James Chace, author of eight books, including the award-winning biography of Dean Acheson, Acheson: The Secretary of State Who Created the American World, spoke at a book launch event, covered by C-Span's Book TV, to mark the publication of his new volume on the pivotal 1912 election. 1912: Wilson, Roosevelt, Taft & Debs – The Election That Changed the Country is a lively and accessible account of the extraordinary chain of events that led to Wilson's "accidental election" by less than a majority of the popular vote.
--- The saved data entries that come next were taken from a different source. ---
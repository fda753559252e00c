-- ===== src/Reconcile/Pages.antt =====
-- The batches of ReconcileRecentPayments, one after the other, go through the whole window.
use pg_aggregator_back.Common.{
  ℕ, zero, suc, Bool, true, false, ◌<◌, ◌≤◌, ◌&&◌, Option, none, some, List, [], ◌∷◌, ◌++◌, ◌≡◌,
  refl, sym, ap, subst, ◌∙◌, arith, ltb, length, take, map, filter, elem, ◌==◌, Bool-cases, inl,
  inr,
}
use pg_aggregator_back.Payment.{Payment}
use pg_aggregator_back.Repository.Payments.{payment_key}
use pg_aggregator_back.Repository.Scans.{
  ReconcileCursor, after_cursor, newest_first, reconcile_page,
}
use pg_aggregator_back.Reconcile.{last_cursor, cursor_of, next_cursor}
use pg_aggregator_back.Reconcile.Newest.{
  older, leads, ordered, distinct_ids, leads-head, ordered-head, distinct-head, row_less_irrefl,
  row_less_asym, newest_first-ordered, filter-newest_first,
}

abbrev pub at_payment : Payment → ReconcileCursor
at_payment p = record { created_at = p.created_at; id = p.id }

-- The rest of the scan after a batch: none if the position has wrapped.
abbrev pub unless_wrapped :
    Option ReconcileCursor → (Option ReconcileCursor → List Payment) → List Payment
unless_wrapped none rest = []
unless_wrapped (some k) rest = rest (some k)

-- The payments of one pass of the scan over a table that stays the same, from a position on, as
-- the runs of the job take them; at most `fuel` runs.
unfoldable pub scan :
    (Payment → Bool) → ℕ → ℕ → Option ReconcileCursor → List Payment → List Payment
scan candidate batch zero k ps = []
scan candidate batch (suc fuel) k ps =
    let page = reconcile_page candidate batch k ps in
    page ++ unless_wrapped (next_cursor batch page) (λ k'. scan candidate batch fuel k' ps)

append_nil : (xs : List Payment) → xs ++ [] ≡ xs
append_nil [] = refl
append_nil (x ∷ xs) = rw (append_nil xs) refl

append_assoc : (xs ys zs : List Payment) → (xs ++ ys) ++ zs ≡ xs ++ (ys ++ zs)
append_assoc [] ys zs = refl
append_assoc (x ∷ xs) ys zs = rw (append_assoc xs ys zs) refl

all_older : (x : Payment) (ys : List Payment) → leads x ys ≡ true → filter (λ e. older e x) ys ≡ ys
all_older x [] l = refl
all_older x (y ∷ ys) l = let (yx, rest) = leads-head x y ys l in rw (yx, all_older x ys rest) refl

leads-append :
    (e x : Payment) (pre post : List Payment) → leads e (pre ++ x ∷ post) ≡ true → older x e ≡ true
leads-append e x [] post l = (leads-head e x post l).0
leads-append e x (y ∷ pre) post l = leads-append e x pre post (leads-head e y (pre ++ x ∷ post) l).1

-- After the row `x` of an ordered list come exactly the rows that stand behind it.
behind :
    (x : Payment) (pre post : List Payment)
    → ordered (pre ++ x ∷ post) ≡ true
    → filter (λ e. older e x) (pre ++ x ∷ post) ≡ post
behind x [] post o =
    let (l, rest) = ordered-head x post o in
    rw (row_less_irrefl x.created_at x.id) (all_older x post l)
behind x (e ∷ pre) post o =
    let (l, rest) = ordered-head e (pre ++ x ∷ post) o in
    let xe = leads-append e x pre post l in
    rw (row_less_asym x.created_at x.id e.created_at e.id xe) (behind x pre post rest)

filter-filter :
    (q r : Payment → Bool) (xs : List Payment)
    → filter (λ p. q p && r p) xs ≡ filter r (filter q xs)
filter-filter q r [] = refl
filter-filter q r (x ∷ xs) = elim (Bool-cases (q x)) [
  | inl a ↦ elim (Bool-cases (r x)) [
    | inl b ↦ rw (a, b, filter-filter q r xs) refl
    | inr b ↦ rw (a, b, filter-filter q r xs) refl
  ]
  | inr a ↦ rw (a, filter-filter q r xs) refl
]

filter-absent :
    (q : Payment → Bool) (k : ℕ) (xs : List Payment)
    → elem k (map payment_key xs) ≡ false
    → elem k (map payment_key (filter q xs)) ≡ false
filter-absent q k [] n = refl
filter-absent q k (x ∷ xs) n = ground (arith, filter-absent q k xs)

filter-distinct :
    (q : Payment → Bool) (xs : List Payment)
    → distinct_ids xs ≡ true
    → distinct_ids (filter q xs) ≡ true
filter-distinct q [] d = refl
filter-distinct q (x ∷ xs) d =
    let (n, rest) = distinct-head x xs d in
    elim (Bool-cases (q x)) [
      | inl t ↦ rw (t, filter-absent q x.id xs n) (filter-distinct q xs rest)
      | inr f ↦ rw (f) (filter-distinct q xs rest)
    ]

filter_all : (xs : List Payment) → filter (λ p. true) xs ≡ xs
filter_all [] = refl
filter_all (x ∷ xs) = rw (filter_all xs) refl

-- A page: the first rows behind the cursor.
page-behind :
    (candidate : Payment → Bool) (n : ℕ) (k : Option ReconcileCursor) (ps : List Payment)
    → distinct_ids ps ≡ true
    → reconcile_page candidate (suc n) k ps
      ≡ take (suc n) (filter (after_cursor k) (newest_first (filter candidate ps)))
unfolding reconcile_page
page-behind candidate n k ps d =
    let positive : suc n == 0 ≡ false = ground arith in
    let inner =
      filter-newest_first (after_cursor k) (filter candidate ps) (filter-distinct candidate ps d) in
    rw (positive, filter-filter candidate (after_cursor k) ps, ← inner) refl

-- A list that is longer than a batch ends its first batch in some row.
cut_batch :
    (n : ℕ) (rest : List Payment)
    → suc n ≤ length rest
    → (pre : List Payment) × (y : Payment) × (post : List Payment) × (rest ≡ pre ++ y ∷ post)
      × (take (suc n) rest ≡ pre ++ y ∷ [])
cut_batch n [] h = absurd (omega arith)
cut_batch zero (y ∷ ys) h = ([], y, ys, refl, refl)
cut_batch (suc n) (x ∷ xs) h =
    let (pre, y, post, e, t) = cut_batch n xs (omega arith) in
    (x ∷ pre, y, post, ap (λ zs. x ∷ zs) e, ap (λ zs. x ∷ zs) t)

last-append :
    (x : Payment) (pre : List Payment) (y : Payment) → last_cursor x (pre ++ y ∷ []) ≡ at_payment y
last-append x [] y = refl
last-append x (z ∷ pre) y = last-append z pre y

cursor-append : (pre : List Payment) (y : Payment) → cursor_of (pre ++ y ∷ []) ≡ some (at_payment y)
cursor-append [] y = refl
cursor-append (x ∷ pre) y = rw (last-append x pre y) refl

length-append : (pre post : List Payment) (y : Payment) → length post < length (pre ++ y ∷ post)
length-append [] post y = omega arith
length-append (x ∷ pre) post y = let h = length-append pre post y in omega arith

take-short : (n : ℕ) (xs : List Payment) → length xs < n → take n xs ≡ xs
take-short zero xs h = absurd (omega arith)
take-short (suc n) [] h = refl
take-short (suc n) (x ∷ xs) h = rw (take-short n xs (omega arith)) refl

length-take : (n : ℕ) (xs : List Payment) → n ≤ length xs → length (take n xs) ≡ n
length-take zero xs h = refl
length-take (suc n) [] h = absurd (omega arith)
length-take (suc n) (x ∷ xs) h = rw (length-take n xs (omega arith)) refl

-- A full batch and what comes behind its last row.
full_batch :
    (n : ℕ) (page pre post rest : List Payment) (y : Payment)
    (next : Option ReconcileCursor → List Payment)
    → page ≡ pre ++ y ∷ []
    → ltb (length page) (suc n) ≡ false
    → next (some (at_payment y)) ≡ post
    → rest ≡ pre ++ y ∷ post
    → page ++ unless_wrapped (next_cursor (suc n) page) next ≡ rest
unfolding next_cursor
full_batch n page pre post rest y next e full ih cut =
    rw (full, e, cursor-append pre y, ih) (append_assoc pre (y ∷ []) post ∙ sym cut)

module _ (candidate : Payment → Bool) (n : ℕ) (ps : List Payment)
    (keyed : distinct_ids ps ≡ true) where
  abbrev window : List Payment
  window = newest_first (filter candidate ps)

  window-ordered : ordered window ≡ true
  window-ordered = newest_first-ordered (filter candidate ps) (filter-distinct candidate ps keyed)

  behind_row :
      (y : Payment) (pre post : List Payment)
      → window ≡ pre ++ y ∷ post
      → filter (after_cursor (some (at_payment y))) window ≡ post
  behind_row y pre post e =
      ap (filter (λ p. older p y)) e
      ∙ behind y pre post (subst (λ zs. ordered zs ≡ true) e window-ordered)

  -- From a position behind which `rest` stands, the scan goes through `rest`.
  scan-rest :
      (fuel : ℕ) (k : Option ReconcileCursor) (front rest : List Payment)
      → window ≡ front ++ rest
      → filter (after_cursor k) window ≡ rest
      → length rest < fuel
      → scan candidate (suc n) fuel k ps ≡ rest
  unfolding scan next_cursor
  scan-rest zero k front rest e p enough = absurd (omega arith)
  scan-rest (suc fuel) k front rest e p enough =
      let page = page-behind candidate n k ps keyed ∙ ap (take (suc n)) p in
      elim (Bool-cases (ltb (length rest) (suc n))) [
        | inl short ↦
            let all_of = take-short (suc n) rest (ground arith) in
            rw (page, all_of, short) (append_nil rest)
        | inr long ↦
            let enough_rows : suc n ≤ length rest = ground arith in
            let (pre, y, post, cut, first) = cut_batch n rest enough_rows in
            let full : ltb (length (reconcile_page candidate (suc n) k ps)) (suc n) ≡ false =
              rw (page, length-take (suc n) rest enough_rows) ground arith in
            let whole : window ≡ (front ++ pre) ++ (y ∷ post) =
              e ∙ ap (λ zs. front ++ zs) cut ∙ sym (append_assoc front pre (y ∷ post)) in
            let later = behind_row y (front ++ pre) post whole in
            let fewer : length post < length rest =
              subst (λ zs. length post < length zs) (sym cut) (length-append pre post y) in
            let ih =
              scan-rest fuel (some (at_payment y)) ((front ++ pre) ++ y ∷ []) post
                (whole ∙ sym (append_assoc (front ++ pre) (y ∷ []) post)) later (omega arith) in
            full_batch n (reconcile_page candidate (suc n) k ps) pre post rest y
              (λ k'. scan candidate (suc n) fuel k' ps) (page ∙ first) full ih cut
      ]

-- However large the batches are (at least one row), over a table that stays the same, with one
-- row for each id, the runs of the job from the start until the position wraps check exactly the
-- candidates, each once, newest first; one more run than there are candidates is enough.
pub scan-newest_first :
    (candidate : Payment → Bool) (n fuel : ℕ) (ps : List Payment)
    → distinct_ids ps ≡ true
    → length (newest_first (filter candidate ps)) < fuel
    → scan candidate (suc n) fuel none ps ≡ newest_first (filter candidate ps)
scan-newest_first candidate n fuel ps keyed enough =
    scan-rest candidate n ps keyed fuel none [] (newest_first (filter candidate ps)) refl
      (filter_all (newest_first (filter candidate ps))) enough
First among the four extraordinary candidates in the 1912 election was the incumbent president, William Howard Taft. Taft was a "reluctant politician" who had been Theodore Roosevelt's handpicked successor, but whose main ambition was to be Chief Justice of the U.S. Supreme Court. Taft had disappointed Roosevelt by not furthering his reformist policies and this prompted his challenge to the sitting president for the Republican nomination. When the 1912 party convention, dominated by Taft loyalists, rebuffed Roosevelt, the widely popular former president left the Republican Party and mounted a third party challenge with the creation of the Bull Moose Progressives. Wilson, the Democratic Party candidate, had not been expected to win the nomination. He was, as Chace described him, "a relative newcomer to the practice of governing, torn between his fear of radical reform and his belief in limited government. The fourth candidate was the labor leader Eugene V. Debs. Debs, who had already run for president twice on the Socialist Party ticket, ran on a platform to promote social justice and "mitigate the excesses of industrial capitalism."

Indeed, Chace argues, "All four men struggled to balance nineteenth-century values with emerging twentieth-century institutions and technologies." Wilson and Roosevelt both advocated a strong executive and their presidencies marked, in effect, the creation of the modern presidency. In conclusion, Chase argued that the 1912 election introduced the conflict that would shape American politics from the early twentieth century to the present – the clash between progressive idealism, manifested in Franklin Roosevelt's New Deal (and in the presidencies of Truman, Kennedy, Johnson, Carter and Clinton), and conservative values manifested in the presidential policy agendas of Ronald Reagan and George W. Bush.